DDE, Debian Data Export

After testing the idea and the prototype with my presentation at Fosdem, I'm proud to announce DDE, Debian Data Export.

The problem

In Debian, we publish all sort of information, using all sorts of data formats (often ad hoc and obscure), in obscure places. Try to think of an application, for example, that wants to access all this information together:

  • Maintainer <-> Source package mapping
  • Popcon rankings
  • Changelogs
  • .desktop files of packages not installed
  • What is in the new queue
  • Package screenshots
  • Some statistics
  • Localisation information
  • uscan status
  • Buildd logs
  • sloccount run results
  • Debian Weather
  • Debian Pure Blend specific information

A nightmare, uh?

The solution

DDE is a way to make it simple to publish and download data. The aim is to be able to access all sorts of Debian information without worrying about data formats, protocols and access control, and to make it easy to discover what data is available.

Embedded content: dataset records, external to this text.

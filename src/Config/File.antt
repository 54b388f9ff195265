-- ===== src/Config/File.antt =====
-- pkg/config/config.go: the configuration file. The file system is an argument over a type of its
-- states; YAML is the library github.com/go-yaml/yaml.
use deviced.Base.{
  Option, none, some, Bool, true, false, not, Bytes, if◌then◌else◌, ◌≡◌, ◌⊎◌, refl, inl, inr,
  Option-cases, Bool-cases,
}
use deviced.Config.Document.{DevicedConfig}
use deviced.Config.Defaults.{fill_with_defaults, IsFilled, fill_with_defaults-IsFilled}

-- `not_exist` is `os.IsNotExist` of the error of `os.Stat`; a write may fail and change nothing.
pub record FileSystem (World : Type 0) : Type 0 where
  pub not_exist : Bytes → World → Bool
  pub read_file : Bytes → World → Option Bytes
  pub write_file : Bytes → Bytes → World → World

-- `unmarshal` decodes into a document that it is given; with an error it may have changed a part. For a
-- null document it sets the pointer that it is given to nil: `none`.
pub record Yaml : Type 0 where
  pub marshal : DevicedConfig → Option Bytes
  pub unmarshal : Bytes → DevicedConfig → Option DevicedConfig × Bool

module _ {World : Type 0} (fs : FileSystem World) (yaml : Yaml) where
  unfoldable pub config_file_exists : Bytes → World → Bool
  config_file_exists path w = not (fs.not_exist path w)

  -- The error of the write is dropped.
  unfoldable pub write_config : Bytes → DevicedConfig → World → Bool × World
  write_config path c w = elim (yaml.marshal c) [
    | none ↦ (false, w)
    | some d ↦ (true, fs.write_file path d w)
  ]

  -- The document after the call, and whether there was no error; or a panic, where `FillWithDefaults`
  -- reads the nil pointer of a null document.
  unfoldable pub read_from : Bytes → DevicedConfig → World → Option (DevicedConfig × Bool)
  read_from path c w = elim (fs.read_file path w) [
    | none ↦ some (c, false)
    | some dat ↦
        let (decoded, parsed) = yaml.unmarshal dat c in
        elim decoded [
          | none ↦ if parsed then none else some (c, false)
          | some c' ↦ some (if parsed then (fill_with_defaults c', true) else (c', false))
        ]
  ]

  -- `none` is the panic of `ReadFrom`.
  unfoldable pub create_or_read :
      Bytes → DevicedConfig → World → Option (Bool × DevicedConfig × World)
  create_or_read path c w =
      if not (config_file_exists path w)
      then (let (written, w') = write_config path (fill_with_defaults c) w in
          some (written, fill_with_defaults c, w'))
      else elim (read_from path c w) [ none ↦ none | some r ↦ some (r.1, r.0, w) ]

  -- A read panics, or leaves the document as it was, or decodes the file into it.
  pub read_from-cases :
      (path : Bytes) (c : DevicedConfig) (w : World)
      → (read_from path c w ≡ none)
        ⊎ ((read_from path c w ≡ some (c, false))
            ⊎ ((dat : Bytes) × (d : DevicedConfig) × (fs.read_file path w ≡ some dat)
                × ((yaml.unmarshal dat c).0 ≡ some d)
                × ((read_from path c w ≡ some (d, false))
                    ⊎ (read_from path c w ≡ some (fill_with_defaults d, true)))))
  unfolding read_from
  read_from-cases path c w = elim (Option-cases (fs.read_file path w)) [
    | inl n ↦ inr (inl (rw (n, read_from) refl))
    | inr (dat, s) ↦ elim (Option-cases (yaml.unmarshal dat c).0) [
      | inl n ↦ elim (Bool-cases (yaml.unmarshal dat c).1) [
        | inl p ↦ inl (rw (s, read_from, n, read_from, p) refl)
        | inr f ↦ inr (inl (rw (s, read_from, n, read_from, f) refl))
      ]
      | inr (d, u) ↦ elim (Bool-cases (yaml.unmarshal dat c).1) [
        | inl p ↦ inr (inr (dat, d, s, u, inr (rw (s, read_from, u, read_from, p) refl)))
        | inr f ↦ inr (inr (dat, d, s, u, inl (rw (s, read_from, u, read_from, f) refl)))
      ]
    ]
  ]

  -- A start that gets past `CreateOrRead` has a document with the defaults filled in, whatever stood
  -- in the file and whether or not there was one; or it panics, or fails.
  pub create_or_read-cases :
      (path : Bytes) (c : DevicedConfig) (w : World)
      → (create_or_read path c w ≡ none)
        ⊎ ((after : Bool × DevicedConfig × World) × (create_or_read path c w ≡ some after)
            × ((after.0 ≡ false) ⊎ IsFilled after.1))
  unfolding create_or_read config_file_exists
  create_or_read-cases path c w = elim (Bool-cases (fs.not_exist path w)) [
    | inl missing ↦ inr (
      (
        (write_config path (fill_with_defaults c) w).0,
        fill_with_defaults c,
        (write_config path (fill_with_defaults c) w).1,
      ),
      rw missing refl,
      inr (fill_with_defaults-IsFilled c),
    )
    | inr there ↦ elim (read_from-cases path c w) [
      | inl e ↦ inl (rw (there, e, create_or_read) refl)
      | inr (inl e) ↦ inr ((false, c, w), rw (there, e, create_or_read) refl, inl refl)
      | inr (inr (dat, d, s, u, inl e)) ↦
          inr ((false, d, w), rw (there, e, create_or_read) refl, inl refl)
      | inr (inr (dat, d, s, u, inr e)) ↦ inr (
        (true, fill_with_defaults d, w),
        rw (there, e, create_or_read) refl,
        inr (fill_with_defaults-IsFilled d),
      )
    ]
  ]
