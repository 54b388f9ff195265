-- ===== src/Config/Reload.antt =====
-- pkg/daemon/system.go: the configuration in the loop of `Main`, which reads the file again after
-- each event of the watcher.
use deviced.Base.{
  List, [], ◌∷◌, none, some, Bool, true, false, Bytes, codes, ◌≡◌, ◌⊎◌, refl, ◌∙◌, All, inl, inr,
  Bool-cases,
}
use deviced.Config.Document.{DevicedConfig}
use deviced.Config.Defaults.{fill_with_defaults, IsFilled, fill_with_defaults-IsFilled}
use deviced.Config.File.{
  FileSystem, Yaml, read_from, config_file_exists, create_or_read, read_from-cases,
}

module _ {World : Type 0} (fs : FileSystem World) (yaml : Yaml) where
  -- One event for each state of the files: the document after it, and whether the workers are woken. A
  -- panic ends the list.
  unfoldable pub on_file_events : Bytes → List World → DevicedConfig → List (DevicedConfig × Bool)
  on_file_events path [] c = []
  on_file_events path (w ∷ ws) c = elim (read_from fs yaml path c w) [
    | none ↦ []
    | some r ↦ r ∷ on_file_events path ws r.0
  ]

  module _ (has_key : Bytes → Bytes → Bool) (path : Bytes) where
    -- YAML leaves a field alone whose key the text does not have.
    abbrev pub KeepsAbsent : Type 0
    KeepsAbsent =
        (dat : Bytes) (c d : DevicedConfig)
        → has_key dat (codes "containers") ≡ false
        → (yaml.unmarshal dat c).0 ≡ some d
        → d.containers ≡ c.containers

    -- The file, if it can be read, has no key for the containers.
    abbrev pub LacksContainers : World → Type 0
    LacksContainers w =
        (dat : Bytes) → fs.read_file path w ≡ some dat → has_key dat (codes "containers") ≡ false

    -- What is true after an event, where the program started with the containers of `c`.
    abbrev pub IsStale : DevicedConfig → DevicedConfig × Bool → Type 0
    IsStale c (after, woken) =
        (after.containers ≡ c.containers) × ((woken ≡ false) ⊎ IsFilled after)

    read_from-IsStale :
        (c start : DevicedConfig) (w : World)
        → KeepsAbsent
        → LacksContainers w
        → c.containers ≡ start.containers
        → (read_from fs yaml path c w ≡ none)
          ⊎ ((r : DevicedConfig × Bool) × (read_from fs yaml path c w ≡ some r) × IsStale start r)
    unfolding fill_with_defaults
    read_from-IsStale c start w keeps lacks same = elim (read_from-cases fs yaml path c w) [
      | inl e ↦ inl e
      | inr (inl e) ↦ inr ((c, false), e, (same, inl refl))
      | inr (inr (dat, d, s, u, inl e)) ↦
          inr ((d, false), e, (keeps dat c d (lacks dat s) u ∙ same, inl refl))
      | inr (inr (dat, d, s, u, inr e)) ↦ inr (
        (fill_with_defaults d, true),
        e,
        (keeps dat c d (lacks dat s) u ∙ same, inr (fill_with_defaults-IsFilled d)),
      )
    ]

    -- A start with this file, from the document `zero`, panics or has no containers.
    abbrev pub StartsEmpty : DevicedConfig → World → Type 0
    StartsEmpty zero w =
        (create_or_read fs yaml path zero w ≡ none)
        ⊎ ((after : Bool × DevicedConfig × World) × (create_or_read fs yaml path zero w
              ≡ some after)
            × (after.1.containers ≡ []))

    create_or_read-StartsEmpty :
        (zero : DevicedConfig) (w : World)
        → KeepsAbsent
        → LacksContainers w
        → zero.containers ≡ []
        → StartsEmpty zero w
    unfolding create_or_read fill_with_defaults
    create_or_read-StartsEmpty zero w keeps lacks empty =
        elim (Bool-cases (config_file_exists fs yaml path w)) [
          | inr missing ↦ rw missing (inr (_, refl, empty))
          | inl there ↦ elim (read_from-IsStale zero zero w keeps lacks refl) [
            | inl e ↦ inl (rw (there, e, create_or_read) refl)
            | inr (r, e, (stale, _)) ↦
                inr ((r.1, r.0, w), rw (there, e, create_or_read) refl, stale ∙ empty)
          ]
        ]

    on_file_events-IsStale :
        (ws : List World) (c start : DevicedConfig)
        → KeepsAbsent
        → All LacksContainers ws
        → c.containers ≡ start.containers
        → All (IsStale start) (on_file_events path ws c)
    unfolding on_file_events
    on_file_events-IsStale [] c start keeps lacks same = tt
    on_file_events-IsStale (w ∷ ws) c start keeps (l, lacks) same =
        elim (read_from-IsStale c start w keeps l same) [
          | inl e ↦ rw (e, on_file_events) tt
          | inr (r, e, stale) ↦
              rw (e, on_file_events)
                (stale, on_file_events-IsStale ws r.0 start keeps lacks stale.0)
        ]

    -- If the containers are removed from the file together with their key, the running program
    -- keeps them, whatever else the file says and however often it changes: after every event, up
    -- to a panic at a null document, the document has the containers of the start, and where the
    -- workers are woken it has its defaults. A program that starts with one of these files has no
    -- containers, or panics. YAML leaves alone what the text has no key for.
    pub removed_containers_stay :
        (ws : List World) (c zero : DevicedConfig)
        → KeepsAbsent
        → All LacksContainers ws
        → zero.containers ≡ []
        → All (IsStale c) (on_file_events path ws c) × All (StartsEmpty zero) ws
    removed_containers_stay ws c zero keeps lacks none_yet =
        (on_file_events-IsStale ws c c keeps lacks refl, restarts ws lacks)
      where
        restarts : (us : List World) → All LacksContainers us → All (StartsEmpty zero) us
        restarts [] a = tt
        restarts (u ∷ us) (l, a) =
            (create_or_read-StartsEmpty zero u keeps l none_yet, restarts us a)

DDE exports data as a big virtual tree. You can pick a node in the tree by its URL and download all the data that it contains, in a format of your choice: currently it supports JSON/JSONP, YAML, CSV and Python pickled objects.

This means that you can now get Debian data using a trivial HTTP client tool or library, and read it using commonly available decoders: both should be available in almost any programming language nowadays. Since JSON and JSONP are supported, this even includes JavaScript in Ajaxy web pages.

DDE is not a competitor to UDD: UDD is about creating a central location where all the data can be accessed, while DDE is about giving people a simple way to access data or subsets of data.

In a way, DDE and UDD complete each other: the more data enters UDD, the more data is available for DDE. In turn, DDE gives a simple interface to the most popular and useful UDD queries.

The dream

Here are some hints at what can be done with this:

  • Autocompletion in HTML fields
  • Export data to feed external sites like <debtags.debian.net> or <screenshots.debian.net>
  • Have a way for package managers to easily access all sorts of data
  • Have a way to implement fancy tools that can query massive data sets without needing to download them locally

A call for action

You can add data to the DDE tree by just putting a data file in yaml, json or pickle format under ~/.dde (I've written a specific guide to this on the Debian wiki).

If you wish to create new and fancy Debian statistics or compute other sorts of data, or if you already maintain tools that generate Debian data, including but not limited to, for example:

  • Popcon rankings
  • .desktop files of packages not installed
  • Content of the new queue
  • Screenshots
  • All sorts of statistics
  • Debian Weather

Then please have a look at http://wiki.debian.org/DDE/StaticData and try to publish your data in ~/.dde on merkel.debian.org.

For more complicated cases (like accessing a remote database), it is possible to extend DDE via python plugins. You can get in touch with me if you need to go that way.